Hacker News new | ask | show | jobs
by manyturtles 434 days ago
About a decade and a half ago I worked on a large data migration project at a FAANG. Multi-exabyte scale, many clusters across many countries. Once everyone was moved the old storage platform wasn't completely empty, because the number of migrations was large and users were (naturally) more focused on ensuring their data was in place and available on the target platform rather than ensuring every last thing was deleted on the legacy platform. We weren't initially concerned about it because it would all get deleted when we turned down the old setup.

As we were gearing up to declare victory and start turning down the several dozen legacy storage clusters someone mused that given some users were subject to litigation holds -- not allowed to delete any data -- that at least some of the leftover data on the old system might be subject to litigation hold, and we'd need to figure that out before we could delete it or incur legal risk.

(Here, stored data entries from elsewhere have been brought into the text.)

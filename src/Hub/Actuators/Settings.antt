-- ===== src/Hub/Actuators/Settings.antt =====
-- The message that sets the outputs of a device.
use sensaurus.Prelude.{
  ℕ, zero, suc, ◌<◌, ◌≡◌, refl, sym, ap, ◌∙◌, arith, true, false, List, [], ◌∷◌, ◌++◌, append_assoc,
  length, ◌==◌, if◌then◌else◌, Bool-cases, inl, inr, Text, All, codes,
}
use sensaurus.CText.Number.{Printer}
use sensaurus.CheckStream.{CheckStream, write_all, crlf}
use sensaurus.CheckStream.Buffer.{IsLineByte, IsReady, frame, write_all-append}
use sensaurus.CheckStream.Lines.{write_line}
use sensaurus.Sensaur.Parse.{message, fields}
use sensaurus.SensaurDevice.{Component}
use sensaurus.Prelude.{join}
use sensaurus.Hub.Actuators.{output_parts, print_parts}

print_parts-write_all :
    (p : Printer) (out : CheckStream) (parts : List Text)
    → print_parts p out parts ≡ write_all p false out (join parts ++ crlf)
unfolding print_parts
print_parts-write_all p out [] = refl
print_parts-write_all p out (t ∷ ts) =
    print_parts-write_all p (write_all p false out t) ts
    ∙ sym (write_all-append p false out t (join ts ++ crlf))
    ∙ ap (write_all p false out) (sym (append_assoc t (join ts) crlf))

module _ {Float : Type 0} (fixed : Float → Text) where
  -- The values of the outputs among the first `n` components.
  unfoldable pub output_values : List (Component Float) → ℕ → List Text
  output_values [] n = []
  output_values (c ∷ cs) zero = []
  output_values (c ∷ cs) (suc n) =
      let others = output_values cs n in
      if c.dir == b'o' then fixed c.actuator_value ∷ others else others

  output_parts-fields :
      (cs : List (Component Float)) (n : ℕ)
      → join (output_parts fixed cs n false) ≡ fields b',' (output_values cs n)
  unfolding output_parts output_values
  output_parts-fields [] n = refl
  output_parts-fields (c ∷ cs) zero = refl
  output_parts-fields (c ∷ cs) (suc n) = elim (Bool-cases (c.dir == b'o')) [
    | inl output ↦
        rw (output_parts, output_values, output)
          (ap (λ t. b',' ∷ (fixed c.actuator_value ++ t)) (output_parts-fields cs n))
    | inr input ↦ rw (output_parts, output_values, input) (output_parts-fields cs n)
  ]

  output_parts-message :
      (cs : List (Component Float)) (n : ℕ)
      → 0 < length (output_values cs n)
      → codes "s:" ++ join (output_parts fixed cs n true)
        ≡ message b',' (codes "s") (output_values cs n)
  unfolding output_parts output_values
  output_parts-message [] n h = absurd (omega arith)
  output_parts-message (c ∷ cs) zero h = absurd (omega arith)
  output_parts-message (c ∷ cs) (suc n) h = elim (Bool-cases (c.dir == b'o')) [
    | inl output ↦
        rw (output_parts, output_values, output)
          (ap (λ t. codes "s:" ++ (fixed c.actuator_value ++ t)) (output_parts-fields cs n))
    | inr input ↦
        let more : 0 < length (output_values cs n) = ground (arith, h) in
        rw (output_parts, output_values, input) (output_parts-message cs n more)
  ]

  -- In the build without USE_SWSERIAL, a device with at least one output is told the values of all its outputs, in order, in one
  -- message of the form that its `parseMessage` takes apart, with the checksum behind it, on a
  -- stream that is between lines, where the values hold no NUL and no line end.
  pub print_parts_message :
      (p : Printer) (out : CheckStream) (cs : List (Component Float)) (n : ℕ)
      → 0 < length (output_values cs n)
      → All IsLineByte (message b',' (codes "s") (output_values cs n))
      → IsReady out
      → let t = print_parts p out (codes "s:" ∷ output_parts fixed cs n true) in
        (t.sent ≡ out.sent ++ frame p false (message b',' (codes "s") (output_values cs n)))
        × IsReady t
  print_parts_message p out cs n h plain ready =
      let text = output_parts-message cs n h in
      let whole : print_parts p out (codes "s:" ∷ output_parts fixed cs n true)
          ≡ write_all p false out (message b',' (codes "s") (output_values cs n) ++ crlf) =
        print_parts-write_all p out (codes "s:" ∷ output_parts fixed cs n true)
        ∙ ap (λ t. write_all p false out (t ++ crlf)) text in
      rw whole (write_line p false (message b',' (codes "s") (output_values cs n)) out plain ready)
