-- ===== src/Hub/Actuators/Tests.antt =====
-- A device with an input between two outputs.
use sensaurus.Prelude.{
  ℕ, ◌+◌, ◌%◌, ◌≡◌, refl, arith, true, false, List, [], ◌∷◌, ◌++◌, Text, codes, replicate,
}
use sensaurus.CText.Hex.{arduino_printer}
use sensaurus.CheckStream.{check_stream}
use sensaurus.CheckStream.Buffer.{IsReady, frame}
use sensaurus.Sensaur.Parse.{message}
use sensaurus.SensaurDevice.{Component, blank_component, set_actuator_value, Device}
use sensaurus.CText.{c_str, text_eq}
use sensaurus.Hub.Actuators.{apply_members, output_parts, print_parts}
use sensaurus.Hub.Actuators.Settings.{output_values, print_parts_message}

abbrev digit : ℕ → Text
digit n = (n % 10 + b'0') ∷ []

abbrev named : ℕ → Text → Component ℕ
named dir suffix = record (blank_component 0) { dir = dir; id_suffix = suffix ++ 0 ∷ [] }

abbrev switch : Device ℕ
switch = record {
  version = replicate 10 0;
  id = codes "7F" ++ 0 ∷ [];
  connected = true;
  component_count = 3;
  no_response_count = 0;
  error_count = 0;
  components =
      named b'o' (codes "out 1") ∷ named b'i' (codes "in 1") ∷ named b'o' (codes "out 2") ∷ [];
}

abbrev outputs : List (Component ℕ)
outputs = switch.components

set_by_key :
    output_values digit (apply_members switch ((codes "7F-out 2", 5) ∷ [])).0.components 3
    ≡ codes "0" ∷ codes "5" ∷ []
unfolding apply_members output_values set_actuator_value text_eq c_str
set_by_key = refl

two_values : output_values digit outputs 3 ≡ codes "0" ∷ codes "0" ∷ []
unfolding output_values
two_values = refl

print_parts_message_example :
    let t =
      print_parts arduino_printer check_stream (codes "s:" ∷ output_parts digit outputs 3 true) in
    (t.sent
      ≡ []
        ++ frame arduino_printer false (message b',' (codes "s") (output_values digit outputs 3)))
    × IsReady t
unfolding output_values
print_parts_message_example =
    print_parts_message digit arduino_printer check_stream outputs 3 (omega arith) (omega arith)
      (record { crc_reset = refl; at_start = refl; buffer_size = refl })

IIRC the leftover 'junk' data amounted to a few dozen petabytes spread across multiple clusters around the world, in different jurisdictions. We spent several months talking with the lawyers figuring that out. It was an interesting dance, because on the one hand we were quite confident that there was unlikely to be anything in the leftovers which was both meaningful and not migrated to the new platform, while on the other hand explaining that it wasn't practical to just "go and look" through a few dozen PB of data. I recall we ended up somewhere in between, coming up with ways to distinguish categories of data like caches and working data from various pipelines. It added over six months to the project, but was quite an interesting problem to work through that hadn't occurred to any of us earlier on, as we were thinking entirely in technical terms about infrastructure migration.

1 comments

That does sound very interesting. Any insights on what would you do differently if you had to do it again? Any way to accelerate things now that you know the pain or do you think it's quite unavoidable and "legal Time"?
Doing it in parallel, which of course is only an option if you know about it. And templating that into a general approach and having legal folks sign off on that.